Aus unserer Sicht ist es daher sinnvoll und angemessen, die Attraktivität einer dauerhaften, aktiven Mitgliedschaft in der ehrenamtlichen Feuerwehr Monheim zu stärken und den Aktiven eine Anerkennung für ihre besondere gesellschaftliche Leistung zukommen zu lassen. In zahlreichen anderen Kommunen, z.B. Düsseldorf, Baesweiler, Hürth, Buseck und Odenthal wird eine solche Rente bereits umgesetzt. Die Rentenleistung wird durch einen Versicherungsvertrag, den die Stadt zugunsten der ehrenamtlichen, aktiven Mitglieder abschließt und finanziert, erwirtschaftet. Für die Höhe der Rentenleistung soll die Dauer der Mitgliedschaft in der Freiwilligen Feuerwehr genauso berücksichtigt werden, wie die Zahl der Teilnahme an Einsätzen und Übungen und besondere Qualifizierungen, z.B. Amtenschutzbefähigung. Neben einem Sockelbetrag kann so über Bonuspunkte die Rentenleistung gesteigert werden. Die Rente wird so konzipiert sein, dass alle freiwilligen Feuerwehrmitglieder davon profitieren und nicht besondere Funktionen ausschlaggebend sind. Für die Finanzierung werden im Haushalt jährlich 30.000 Euro eingeplant.

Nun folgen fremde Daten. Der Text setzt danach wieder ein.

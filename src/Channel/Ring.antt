-- ===== src/Channel/Ring.antt =====
-- Channel._emplace_envelope: where an envelope goes in a ring.
use reticulum.Prelude.{
  ℕ, ◌-◌, ◌≡◌, ◌⊎◌, inl, inr, refl, ap, Bool-cases, List, [], ◌∷◌, ◌++◌, Bool, true, false, not,
  ◌&&◌, ltb, ◌==◌, arith, if◌then◌else◌,
}
use reticulum.Channel.{Envelope}

-- `envelope.sequence < existing.sequence and not (next_rx - envelope.sequence) > SEQ_MAX//2`. The
-- difference is negative for a sequence ahead of `next_rx`, where `-` gives 0: neither is above.
abbrev pub goes_before : ℕ → Envelope → Envelope → Bool
goes_before next_rx e existing =
    ltb e.sequence existing.sequence && not (ltb 32767 (next_rx - e.sequence))

abbrev pub tracked_envelope : Envelope → Envelope
tracked_envelope e = record e { tracked = true }

-- Whether the envelope was new, and the ring.
unfoldable pub emplace_envelope : ℕ → Envelope → List Envelope → Bool × List Envelope
emplace_envelope next_rx e [] = (true, tracked_envelope e ∷ [])
emplace_envelope next_rx e (existing ∷ ring) =
    let (is_new, ring') = emplace_envelope next_rx e ring in
    if e.sequence == existing.sequence
    then (false, existing ∷ ring)
    else if goes_before next_rx e existing
    then (true, tracked_envelope e ∷ existing ∷ ring)
    else (is_new, existing ∷ ring')

abbrev pub Has : ℕ → List Envelope → Type 0
Has s [] = ⊥
Has s (e ∷ ring) = (e.sequence ≡ s) ⊎ Has s ring

-- A new envelope is put in at one place, and all else stays as it was and in order; one that is
-- refused has the sequence number of an envelope in the ring, which does not change.
pub emplace_envelope-cases :
    (next_rx : ℕ) (e : Envelope) (ring : List Envelope)
    → ((emplace_envelope next_rx e ring ≡ (false, ring)) × Has e.sequence ring)
      ⊎ ((front : List Envelope) × (back : List Envelope) × (ring ≡ front ++ back)
          × (emplace_envelope next_rx e ring ≡ (true, front ++ tracked_envelope e ∷ back)))
unfolding emplace_envelope
emplace_envelope-cases next_rx e [] = inr ([], [], refl, refl)
emplace_envelope-cases next_rx e (x ∷ ring) = elim (Bool-cases (e.sequence == x.sequence)) [
  | inl same ↦ inl (rw same, inl (ground arith))
  | inr other ↦ elim (Bool-cases (goes_before next_rx e x)) [
    | inl before ↦ inr ([], x ∷ ring, refl, ground arith)
    | inr after ↦ elim (emplace_envelope-cases next_rx e ring) [
      | inl (same, has) ↦ inl (ground arith, inr has)
      | inr (front, back, split, new) ↦ inr (x ∷ front, back, ap (◌∷◌ x) split, ground arith)
    ]
  ]
]
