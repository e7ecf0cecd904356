-- ===== src/Channel/Receive.antt =====
-- Channel._receive and Channel._run_callbacks, and the registration of handlers and message types.
use reticulum.Prelude.{
  ℕ, ◌+◌, ◌%◌, List, [], ◌∷◌, ◌++◌, Bytes, Bool, true, false, not, ◌&&◌, Option, none, some, ltb,
  leb, ◌==◌, if◌then◌else◌,
}
use reticulum.Prelude.Results.{Result, ok, err}
use reticulum.Channel.{Message, Handler, Envelope, Channel, seq_modulus, window_max_fast}
use reticulum.Channel.Codec.{ChannelError, invalid_msg_type, unpack}
use reticulum.Channel.Ring.{emplace_envelope}

-- A message class: its MSGTYPE, whether it extends MessageBase, whether its constructor returns,
-- and its `unpack`.
pub record MessageClass : Type 0 where
  pub msgtype : Option ℕ
  pub extends_base : Bool
  pub constructs : Bool
  pub unpack : Bytes → Option Message

-- Channel._register_message_type
unfoldable pub register_message_type : MessageClass → Bool → Channel → Result ChannelError Channel
register_message_type class is_system_type c =
    if not class.extends_base then err invalid_msg_type else elim class.msgtype [
      | none ↦ err invalid_msg_type
      | some t ↦
          if leb 0xf000 t && not is_system_type
          then err invalid_msg_type
          else if not class.constructs
          then err invalid_msg_type
          else ok (record c {
            message_factories = λ k. if k == t then some class.unpack else c.message_factories k;
          })
    ]

-- Handlers run in order until one answers True; an exception of a handler counts as False. The
-- result is how many have run.
unfoldable pub run_callbacks : List Handler → Message → ℕ
run_callbacks [] m = 0
run_callbacks (cb ∷ cbs) m =
    let rest = run_callbacks cbs m in
    elim (cb m) [ none ↦ rest + 1 | some taken ↦ if taken then 1 else rest + 1 ]

-- The guard against sequence numbers behind the window.
unfoldable pub is_valid_sequence : ℕ → ℕ → Bool
is_valid_sequence next_rx sequence =
    if ltb sequence next_rx
    then (let window_overflow = (next_rx + window_max_fast) % seq_modulus in
        if ltb window_overflow next_rx then leb sequence window_overflow else false)
    else true

abbrev pub next_sequence : ℕ → ℕ
next_sequence n = (n + 1) % seq_modulus

-- The inner loop, run when the sequence numbers have wrapped: envelopes in the order of the ring,
-- each with the next expected number.
unfoldable pub collect_wrapped : List Envelope → ℕ → List Envelope × ℕ
collect_wrapped [] next = ([], next)
collect_wrapped (e ∷ ring) next =
    let same = e.sequence == next in
    let (found, last) = collect_wrapped ring (if same then next_sequence next else next) in
    (if same then e ∷ found else found, last)

-- The outer loop over the rest of the ring; `ring` is the whole ring, for the inner loop.
unfoldable pub collect : List Envelope → List Envelope → ℕ → List Envelope × ℕ
collect ring [] next = ([], next)
collect ring (e ∷ rest) next =
    let same = e.sequence == next in
    let wraps = same && next_sequence next == 0 in
    let (wrapped, next') =
      if wraps then collect_wrapped ring 0 else ([], if same then next_sequence next else next) in
    let (found, last) = collect ring rest next' in
    (if same then e ∷ (wrapped ++ found) else found, last)

-- `self._rx_ring.remove(e)`: the envelopes of the ring have different sequence numbers.
unfoldable pub remove : ℕ → List Envelope → List Envelope
remove s [] = []
remove s (e ∷ ring) = let rest = remove s ring in if e.sequence == s then ring else e ∷ rest

-- What a received packet does: the channel after it, the messages that were handed to the
-- handlers, in order, and how many handlers each went through.
pub record Received : Type 0 where
  pub channel : Channel
  pub delivered : List Message
  pub handlers_run : List ℕ

-- `_receive` has unpacked every envelope of the ring before it put it there, so `e.message` is set
-- and the second `unpack` is not reached; an envelope without a message would end the loop.
unfoldable pub deliver : List Envelope → Received → Received
deliver [] r = r
deliver (e ∷ es) r = elim e.message [
  | none ↦ r
  | some m ↦ deliver es (record {
    channel = record r.channel { rx_ring = remove e.sequence r.channel.rx_ring };
    delivered = r.delivered ++ m ∷ [];
    handlers_run = r.handlers_run ++ run_callbacks r.channel.message_callbacks m ∷ [];
  })
]

abbrev pub received_envelope : ℕ → Message → Bytes → Envelope
received_envelope sequence m raw = record {
  sequence = sequence;
  message = some m;
  raw = some raw;
  packet = none;
  tries = 0;
  unpacked = true;
  packed = false;
  tracked = false;
}

abbrev pub nothing_received : Channel → Received
nothing_received c = record { channel = c; delivered = []; handlers_run = [] }

-- The part of `_receive` behind the guard.
unfoldable pub receive_envelope : Envelope → Channel → Received
receive_envelope e c =
    let (is_new, ring) = emplace_envelope c.next_rx_sequence e c.rx_ring in
    if is_new
    then (let (contiguous, next) = collect ring ring c.next_rx_sequence in
        deliver contiguous
          (nothing_received (record c { rx_ring = ring; next_rx_sequence = next })))
    else nothing_received c

unfoldable pub receive : Bytes → Channel → Received
receive raw c = elim (unpack c.message_factories raw) [
  | err x ↦ nothing_received c
  | ok (sequence, m) ↦
      if is_valid_sequence c.next_rx_sequence sequence
      then receive_envelope (received_envelope sequence m raw) c
      else nothing_received c
]
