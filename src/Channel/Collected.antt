-- ===== src/Channel/Collected.antt =====
-- What Channel._receive collects from the ring and hands on: consecutive sequence numbers, and only
-- envelopes of the ring.
use mathlib.Core.List.{append-nil, append_assoc}
use mathlib.Core.Path.{subst}
use reticulum.Prelude.{
  ℕ, ◌+◌, ◌%◌, ◌<◌, ◌≡◌, ◌⊎◌, inl, inr, refl, sym, ◌∙◌, Bool-cases, length, List, [], ◌∷◌, ◌++◌,
  All, All-append, Option-cases, none, some, ◌==◌, ==_iff, arith,
}
use reticulum.Channel.{Message, Envelope, seq_modulus}
use reticulum.Channel.Receive.{next_sequence, collect_wrapped, collect, remove, Received, deliver}

-- `es` carries the numbers n, n + 1, … modulo 2 ^ 16, and `m` is the number after them.
abbrev pub Consecutive : ℕ → List Envelope → ℕ → Type 0
Consecutive n [] m = n ≡ m
Consecutive n (e ∷ es) m = (e.sequence ≡ n) × Consecutive (next_sequence n) es m

abbrev pub In : Envelope → List Envelope → Type 0
In e [] = ⊥
In e (x ∷ ring) = (x ≡ e) ⊎ In e ring

Consecutive-append :
    (n k m : ℕ) (xs ys : List Envelope)
    → Consecutive n xs k
    → Consecutive k ys m
    → Consecutive n (xs ++ ys) m
Consecutive-append n k m [] ys hx hy = rw hx hy
Consecutive-append n k m (x ∷ xs) ys hx hy =
    (hx.0, Consecutive-append (next_sequence n) k m xs ys hx.1 hy)

Consecutive-length :
    (n m : ℕ) (es : List Envelope)
    → n < seq_modulus
    → Consecutive n es m
    → m ≡ (n + length es) % seq_modulus
Consecutive-length n m [] h c = omega arith
Consecutive-length n m (e ∷ es) h c =
    omega (arith, Consecutive-length (next_sequence n) m es (omega arith) c.1)

collect_wrapped-Consecutive :
    (ring : List Envelope) (n : ℕ)
    → Consecutive n (collect_wrapped ring n).0 (collect_wrapped ring n).1
unfolding collect_wrapped
collect_wrapped-Consecutive [] n = refl
collect_wrapped-Consecutive (e ∷ ring) n = elim (Bool-cases (e.sequence == n)) [
  | inl same ↦ rw same ((==_iff _ _).0 same, collect_wrapped-Consecutive ring (next_sequence n))
  | inr other ↦ rw other (collect_wrapped-Consecutive ring n)
]

pub collect-Consecutive :
    (ring rest : List Envelope) (n : ℕ)
    → Consecutive n (collect ring rest n).0 (collect ring rest n).1
unfolding collect
collect-Consecutive ring [] n = refl
collect-Consecutive ring (e ∷ rest) n = elim (Bool-cases (e.sequence == n)) [
  | inl same ↦ elim (Bool-cases (next_sequence n == 0)) [
    | inl wraps ↦
        let (found, next) = collect_wrapped ring 0 in
        rw (same, wraps)
          (
            (==_iff _ _).0 same,
            rw ((==_iff _ _).0 wraps) (
                Consecutive-append 0 (collect_wrapped ring 0).1 _ (collect_wrapped ring 0).0 _
                  (collect_wrapped-Consecutive ring 0)
                  (collect-Consecutive ring rest (collect_wrapped ring 0).1)),
          )
    | inr stays ↦
        rw (same, stays) ((==_iff _ _).0 same, collect-Consecutive ring rest (next_sequence n))
  ]
  | inr other ↦ rw other (collect-Consecutive ring rest n)
]

-- What the loops collect stands in the ring.
unfoldable pub In-suffix : (ring : List Envelope) → (rest : List Envelope) → Type 0
In-suffix ring rest = (e : Envelope) → In e rest → In e ring

collect_wrapped-In :
    (ring rest : List Envelope) (n : ℕ)
    → In-suffix ring rest
    → All (λ e. In e ring) (collect_wrapped rest n).0
unfolding collect_wrapped In-suffix
collect_wrapped-In ring [] n sub = tt
collect_wrapped-In ring (e ∷ rest) n sub = elim (Bool-cases (e.sequence == n)) [
  | inl same ↦
      rw same
        (sub e (inl refl), collect_wrapped-In ring rest (next_sequence n) (λ x h. sub x (inr h)))
  | inr other ↦ rw other (collect_wrapped-In ring rest n (λ x h. sub x (inr h)))
]

pub collect-In :
    (ring rest : List Envelope) (n : ℕ)
    → In-suffix ring rest
    → All (λ e. In e ring) (collect ring rest n).0
unfolding collect In-suffix
collect-In ring [] n sub = tt
collect-In ring (e ∷ rest) n sub = elim (Bool-cases (e.sequence == n)) [
  | inl same ↦ elim (Bool-cases (next_sequence n == 0)) [
    | inl wraps ↦
        rw (same, wraps)
          (
            sub e (inl refl),
            All-append (λ x. In x ring) (collect_wrapped ring 0).0 _
                (collect_wrapped-In ring ring 0 (λ x h. h))
                (collect-In ring rest (collect_wrapped ring 0).1 (λ x h. sub x (inr h))),
          )
    | inr stays ↦
        rw (same, stays)
          (sub e (inl refl), collect-In ring rest (next_sequence n) (λ x h. sub x (inr h)))
  ]
  | inr other ↦ rw other (collect-In ring rest n (λ x h. sub x (inr h)))
]

abbrev pub HasMessage : Envelope → Type 0
HasMessage e = (m : Message) × (e.message ≡ some m)

-- The messages that envelopes carry.
abbrev pub messages : List Envelope → List Message
messages [] = []
messages (e ∷ es) = elim e.message [ none ↦ messages es | some m ↦ m ∷ messages es ]

pub deliver_lem :
    (es : List Envelope) (r : Received)
    → All HasMessage es
    → ((deliver es r).delivered ≡ r.delivered ++ messages es)
      × ((deliver es r).channel.next_rx_sequence ≡ r.channel.next_rx_sequence)
unfolding deliver
deliver_lem [] r h = (sym (append-nil r.delivered), refl)
deliver_lem (e ∷ es) r ((m, em), h) =
    let (same, next) = deliver_lem es _ h in
    rw em (same ∙ append_assoc r.delivered (m ∷ []) (messages es), next)

remove-HasMessage :
    (s : ℕ) (ring : List Envelope) → All HasMessage ring → All HasMessage (remove s ring)
unfolding remove
remove-HasMessage s [] h = tt
remove-HasMessage s (e ∷ ring) h = elim (Bool-cases (e.sequence == s)) [
  | inl same ↦ rw same h.1
  | inr other ↦ rw other (h.0, remove-HasMessage s ring h.1)
]

pub deliver-HasMessage :
    (es : List Envelope) (r : Received)
    → All HasMessage r.channel.rx_ring
    → All HasMessage (deliver es r).channel.rx_ring
unfolding deliver
deliver-HasMessage [] r h = h
deliver-HasMessage (e ∷ es) r h = elim (Option-cases e.message) [
  | inl n ↦ rw n h
  | inr (m, em) ↦ rw em (deliver-HasMessage es _ (remove-HasMessage e.sequence r.channel.rx_ring h))
]

pub All-In :
    (P : Envelope → Type 0) (ring : List Envelope) (e : Envelope) → All P ring → In e ring → P e
All-In P [] e h i = absurd i
All-In P (x ∷ ring) e h (inl same) = subst P same h.0
All-In P (x ∷ ring) e h (inr i) = All-In P ring e h.1 i

pub All-split :
    (P : Envelope → Type 0) (front back : List Envelope) (e : Envelope)
    → All P (front ++ back)
    → P e
    → All P (front ++ e ∷ back)
All-split P [] back e h p = (p, h)
All-split P (x ∷ front) back e h p = (h.0, All-split P front back e h.1 p)

pub In-split :
    (front back : List Envelope) (e x : Envelope)
    → In x (front ++ e ∷ back)
    → In x (front ++ back) ⊎ (e ≡ x)
In-split [] back e x (inl same) = inr same
In-split [] back e x (inr i) = inl i
In-split (y ∷ front) back e x (inl same) = inl (inl same)
In-split (y ∷ front) back e x (inr i) = elim (In-split front back e x i) [
  | inl j ↦ inl (inr j)
  | inr same ↦ inr same
]

pub All-map :
    (P Q : Envelope → Type 0) (es : List Envelope)
    → ((e : Envelope) → P e → Q e)
    → All P es
    → All Q es
All-map P Q [] f h = tt
All-map P Q (e ∷ es) f h = (f e h.0, All-map P Q es f h.1)
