-- ===== src/Channel/Order.antt =====
-- Messages are handed on in the order of their sequence numbers, with none left out; and which
-- sequence numbers the guard of Channel._receive lets in.
use reticulum.Prelude.{
  ℕ, ◌+◌, ◌-◌, ◌%◌, ◌≤◌, ◌<◌, ◌≡◌, ◌⊎◌, ◌↔◌, inl, inr, refl, ap, sym, Bool-cases, List, [], ◌∷◌,
  ◌++◌, All, Bytes, true, false, some, arith,
}
use reticulum.Prelude.Results.{ok, err, Result-cases}
use reticulum.Channel.{Message, Envelope, Channel, seq_modulus}
use reticulum.Channel.Codec.{ChannelError, unpack}
use reticulum.Channel.Ring.{emplace_envelope-cases, tracked_envelope}
use reticulum.Channel.Receive.{
  collect, Received, deliver, received_envelope, nothing_received, receive_envelope, receive,
  is_valid_sequence,
}
use reticulum.Channel.Collected.{
  Consecutive, In, collect-Consecutive, In-suffix, collect-In, HasMessage, messages, deliver_lem,
  deliver-HasMessage, All-In, All-split, In-split, All-map,
}

-- Where a delivered envelope comes from: it was held in the ring, or it is the received packet.
abbrev pub Origin : Channel → Bytes → Envelope → Type 0
Origin c raw e =
    In e c.rx_ring
    ⊎ ((m : Message) × (e.message ≡ some m) × (unpack c.message_factories raw ≡ ok (e.sequence, m)))

-- What is delivered on one packet.
abbrev pub InOrder : Channel → Bytes → Received → Type 0
InOrder c raw r =
    (es : List Envelope) × Consecutive c.next_rx_sequence es r.channel.next_rx_sequence
    × All (Origin c raw) es
    × (r.delivered ≡ messages es)
    × All HasMessage r.channel.rx_ring

module _ (raw : Bytes) (c : Channel) (ring_ok : All HasMessage c.rx_ring) where
  nothing-InOrder : InOrder c raw (nothing_received c)
  nothing-InOrder = ([], refl, tt, refl, ring_ok)

  module _ (sequence : ℕ) (m : Message)
      (unpacks : unpack c.message_factories raw ≡ ok (sequence, m)) where
    collected-InOrder :
        (ring : List Envelope)
        → All HasMessage ring
        → ((x : Envelope) → In x ring → Origin c raw x)
        → InOrder c raw (
            deliver (collect ring ring c.next_rx_sequence).0 (
              nothing_received (record c {
                rx_ring = ring;
                next_rx_sequence = (collect ring ring c.next_rx_sequence).1;
              })))
    collected-InOrder ring good origin =
        let found : List Envelope = (collect ring ring c.next_rx_sequence).0 in
        let inside = collect-In ring ring c.next_rx_sequence (unfold In-suffix in λ x h. h) in
        let (same, next) =
          deliver_lem found _
            (All-map _ HasMessage found (λ x i. All-In HasMessage ring x good i) inside) in
        (
          found,
          rw next (collect-Consecutive ring ring c.next_rx_sequence),
          All-map _ (Origin c raw) found origin inside,
          same,
          deliver-HasMessage found _ good,
        )

    receive_envelope-InOrder : InOrder c raw (receive_envelope (received_envelope sequence m raw) c)
    unfolding receive_envelope
    receive_envelope-InOrder =
        let e : Envelope = received_envelope sequence m raw in
        elim (emplace_envelope-cases c.next_rx_sequence e c.rx_ring) [
          | inl (old, has) ↦ rw old nothing-InOrder
          | inr (front, back, split, new) ↦ rw new (
              collected-InOrder (front ++ tracked_envelope e ∷ back)
                (All-split HasMessage front back _ (rw split at ring_ok) (m, refl))
                (λ x i. elim (In-split front back _ x i) [
                  | inl j ↦ inl (rw split j)
                  | inr same ↦
                      inr
                        (m, ap (λ (y : Envelope). y.message) (sym same), rw unpacks (ground arith))
                ]))
        ]

  receive_valid :
      (sequence : ℕ) (m : Message)
      → unpack c.message_factories raw ≡ ok (sequence, m)
      → is_valid_sequence c.next_rx_sequence sequence ≡ true
      → receive raw c ≡ receive_envelope (received_envelope sequence m raw) c
  unfolding receive
  receive_valid sequence m e valid = rw (e, receive) (rw valid)

  receive_stale :
      (sequence : ℕ) (m : Message)
      → unpack c.message_factories raw ≡ ok (sequence, m)
      → is_valid_sequence c.next_rx_sequence sequence ≡ false
      → receive raw c ≡ nothing_received c
  unfolding receive
  receive_stale sequence m e stale = rw (e, receive) (rw stale)

  receive_err :
      (x : ChannelError)
      → unpack c.message_factories raw ≡ err x
      → receive raw c ≡ nothing_received c
  unfolding receive
  receive_err x e = rw (e, receive)

  -- Whatever packet arrives, the messages that are handed to the handlers are those of envelopes
  -- with consecutive sequence numbers (modulo 2 ^ 16), from the next expected number on: each held
  -- in the ring or just received, none skipped or out of turn, and the next expected number is the
  -- one after the last. The ring keeps only envelopes that carry a message.
  pub receive-InOrder : InOrder c raw (receive raw c)
  receive-InOrder = elim (Result-cases (unpack c.message_factories raw)) [
    | inl ((sequence, m), e) ↦ elim (Bool-cases (is_valid_sequence c.next_rx_sequence sequence)) [
      | inl valid ↦ rw (receive_valid sequence m e valid) (receive_envelope-InOrder sequence m e)
      | inr stale ↦ rw (receive_stale sequence m e stale) nothing-InOrder
    ]
    | inr (x, e) ↦ rw (receive_err x e) nothing-InOrder
  ]

-- How far `sequence` is ahead of `next_rx`, counted modulo 2 ^ 16.
abbrev pub ahead : ℕ → ℕ → ℕ
ahead next_rx sequence = (sequence + seq_modulus - next_rx) % seq_modulus

-- A sequence number below the next expected one passes the guard exactly if it is at most
-- WINDOW_MAX ahead across the wrap; one at or above it passes however far ahead it is.
pub is_valid_sequence-ahead :
    (next_rx sequence : ℕ)
    → next_rx < seq_modulus
    → sequence < seq_modulus
    → (sequence < next_rx
        → (is_valid_sequence next_rx sequence ≡ true) ↔ (ahead next_rx sequence ≤ 48))
      × (next_rx ≤ sequence → is_valid_sequence next_rx sequence ≡ true)
unfolding is_valid_sequence
is_valid_sequence-ahead next_rx sequence hn hs = ground arith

Die Feuerwehrrente wird ein Baustein sein, um das taktische Ziel „Umsetzung der auf Grundlage des Brandschutzbedarfsplanes beschlossenen Maßnahmen durch Erstellung eines Konzepts zum Gewinn und Erhalt von ehrenamtlichen Kräften der Feuerwehr“ im Bereich 32 Ordnung und Soziales zu erreichen.